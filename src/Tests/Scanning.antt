-- ===== src/Tests/Scanning.antt =====
-- The scanner of src/syntax/scanner.cpp on short texts.
use bad_snap.Common.{ℕ, zero, suc, ◌<◌, ◌^◌, inr, List, ◌∷◌, ◌≡◌, refl, codes, length, arith}
use bad_snap.Scanner.Total.{EndsWell}
use bad_snap.Scanner.Progress.{Returns}
use bad_snap.Scanner.Tokens.{Tokenised, next_token_returns}
use bad_snap.Scanner.Unterminated.{OpenString, next_token_throws}
use bad_snap.Scanner.{next_token, scan_from}
use bad_snap.Scanner.Lexeme.{skip_irrelevant}
use bad_snap.Scanner.Cursor.{Scan, ok, out_of_range, no_fuel, Scanner, new_scanner, ◌>>=◌}
use bad_snap.Token.{TokenType, token_num}

types : ℕ → List ℕ → Scanner → Scan (List ℕ)
unfolding next_token skip_irrelevant scan_from token_num
types zero source s = no_fuel
types (suc fuel) source s = do
  (t, s') ← next_token source s
  ts ← types fuel source s'
  ok (token_num t.type ∷ ts)

abbrev program : List ℕ
program = codes "let x = 'a\\'b' -- c\n"

s0 :
    next_token program new_scanner
    ≡ ok (
      record { type = TokenType.let_kw; start = 0; length = 3; line = 1 },
      record { line = 1; column = 1; start = 0; current = 3 },
    )
unfolding next_token skip_irrelevant scan_from
s0 = refl

program_small : length program < 2 ^ 32
program_small = omega arith

program_EndsWell : EndsWell program program_small
program_EndsWell i end = let at : i ≡ 19 = omega arith in rw at (λ e. omega arith)

next_token_returns_example :
    Returns
      (next_token program new_scanner)
      (Tokenised program program_small program_EndsWell new_scanner)
next_token_returns_example =
    next_token_returns program program_small program_EndsWell new_scanner (omega arith)

-- A string that is not closed and ends in a backslash: 'ab\
abbrev unclosed : List ℕ
unclosed = codes "'ab\\"

unclosed-OpenString : OpenString unclosed (omega arith) b'\'' 1
unclosed-OpenString = record {
  starts_before = omega arith;
  not_backslash = omega arith;
  plain = λ i from lt. ground arith;
  last = λ i end. let at : i ≡ 3 = omega arith in rw at refl;
}

next_token_throws_example : next_token unclosed new_scanner ≡ out_of_range
next_token_throws_example =
    next_token_throws unclosed (omega arith) b'\'' (inr refl) refl unclosed-OpenString
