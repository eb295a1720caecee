-- ===== src/Statement/Text.antt =====
-- What src/statement.c uses of the C library on strings: `strtok`, `atoi`, `strncmp`, `strcmp` and
-- `strcpy`. A string is the list of its bytes before the NUL.
use gnaro.Base.{
  ℕ, zero, suc, ◌+◌, ◌-◌, ◌*◌, ◌^◌, Bool, true, false, Option, none, some, List, [], ◌∷◌, ◌++◌,
  ◌&&◌, ◌||◌, ltb, leb, ◌==◌, if◌then◌else◌, length, drop,
}

-- `strncmp(s, prefix, strlen(prefix)) == 0`
unfoldable pub starts_with : (prefix s : List ℕ) → Bool
starts_with [] s = true
starts_with (p ∷ ps) [] = false
starts_with (p ∷ ps) (c ∷ s) = p == c && starts_with ps s

-- `strcmp(s, t) == 0`
unfoldable pub equals : (s t : List ℕ) → Bool
equals [] [] = true
equals [] (d ∷ t) = false
equals (c ∷ s) [] = false
equals (c ∷ s) (d ∷ t) = c == d && equals s t

unfoldable pub skip_spaces : List ℕ → List ℕ
skip_spaces [] = []
skip_spaces (c ∷ s) = if c == b' ' then skip_spaces s else c ∷ s

-- The bytes up to the next space, and those behind that space.
unfoldable pub token : List ℕ → List ℕ
token [] = []
token (c ∷ s) = if c == b' ' then [] else c ∷ token s

unfoldable pub after_token : List ℕ → List ℕ
after_token [] = []
after_token (c ∷ s) = if c == b' ' then s else after_token s

-- `strtok(_, " ")`: the next token, and what a further call goes on with; `none` is `NULL`.
abbrev pub first_token : List ℕ → Option (List ℕ × List ℕ)
first_token [] = none
first_token (c ∷ s) = some (token (c ∷ s), after_token (c ∷ s))

unfoldable pub strtok : List ℕ → Option (List ℕ × List ℕ)
strtok s = first_token (skip_spaces s)

-- `strcpy(destination, s)` into a char array.
unfoldable pub strcpy : (destination s : List ℕ) → List ℕ
strcpy destination s = s ++ 0 ∷ drop (length s + 1) destination

-- A C `int`: `negsuc n` is -(n + 1).
pub data ℤ : Type 0 where
  pos : ℕ → ℤ
  negsuc : ℕ → ℤ

-- `isspace` in the C locale
unfoldable pub is_space : ℕ → Bool
is_space c = c == 32 || (leb 9 c && leb c 13)

unfoldable pub skip_white : List ℕ → List ℕ
unfolding is_space
skip_white [] = []
skip_white (c ∷ s) = if is_space c then skip_white s else c ∷ s

-- The number that the leading digits write.
unfoldable pub digits_value : (acc : ℕ) → List ℕ → ℕ
digits_value acc [] = acc
digits_value acc (c ∷ s) =
    if leb b'0' c && leb c b'9' then digits_value (acc * 10 + (c - b'0')) s else acc

unfoldable pub negate : ℕ → ℤ
negate zero = pos zero
negate (suc n) = negsuc n

unfoldable pub signed_value : List ℕ → ℤ
unfolding digits_value negate
signed_value [] = pos 0
signed_value (c ∷ s) =
    if c == b'-'
    then negate (digits_value 0 s)
    else if c == b'+'
    then pos (digits_value 0 s)
    else pos (digits_value 0 (c ∷ s))

abbrev pub int_limit : ℕ
int_limit = 2 ^ 31

-- `atoi`: a value that is no `int` makes the call undefined, `none`.
unfoldable pub in_int : ℤ → Option ℤ
in_int (pos n) = if ltb n int_limit then some (pos n) else none
in_int (negsuc n) = if ltb n int_limit then some (negsuc n) else none

unfoldable pub atoi : List ℕ → Option ℤ
unfolding skip_white signed_value in_int
atoi s = in_int (signed_value (skip_white s))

__Problem__
Reproduce the lines of the entries above exactly, but only from the line containing "next token, and" through the final line.

__Answer to the problem__
-- `strtok(_, " ")`: the next token, and what a further call goes on with; `none` is `NULL`.
abbrev pub first_token : List ℕ → Option (List ℕ × List ℕ)
first_token [] = none
first_token (c ∷ s) = some (token (c ∷ s), after_token (c ∷ s))

unfoldable pub strtok : List ℕ → Option (List ℕ × List ℕ)
strtok s = first_token (skip_spaces s)

-- `strcpy(destination, s)` into a char array.
unfoldable pub strcpy : (destination s : List ℕ) → List ℕ
strcpy destination s = s ++ 0 ∷ drop (length s + 1) destination

-- A C `int`: `negsuc n` is -(n + 1).
pub data ℤ : Type 0 where
  pos : ℕ → ℤ
  negsuc : ℕ → ℤ

-- `isspace` in the C locale
unfoldable pub is_space : ℕ → Bool
is_space c = c == 32 || (leb 9 c && leb c 13)

unfoldable pub skip_white : List ℕ → List ℕ
unfolding is_space
skip_white [] = []
skip_white (c ∷ s) = if is_space c then skip_white s else c ∷ s

-- The number that the leading digits write.
unfoldable pub digits_value : (acc : ℕ) → List ℕ → ℕ
digits_value acc [] = acc
digits_value acc (c ∷ s) =
    if leb b'0' c && leb c b'9' then digits_value (acc * 10 + (c - b'0')) s else acc

unfoldable pub negate : ℕ → ℤ
negate zero = pos zero
negate (suc n) = negsuc n

unfoldable pub signed_value : List ℕ → ℤ
unfolding digits_value negate
signed_value [] = pos 0
signed_value (c ∷ s) =
    if c == b'-'
    then negate (digits_value 0 s)
    else if c == b'+'
    then pos (digits_value 0 s)
    else pos (digits_value 0 (c ∷ s))

abbrev pub int_limit : ℕ
int_limit = 2 ^ 31

-- `atoi`: a value that is no `int` makes the call undefined, `none`.
unfoldable pub in_int : ℤ → Option ℤ
in_int (pos n) = if ltb n int_limit then some (pos n) else none
in_int (negsuc n) = if ltb n int_limit then some (negsuc n) else none

unfoldable pub atoi : List ℕ → Option ℤ
unfolding skip_white signed_value in_int
atoi s = in_int (signed_value (skip_white s))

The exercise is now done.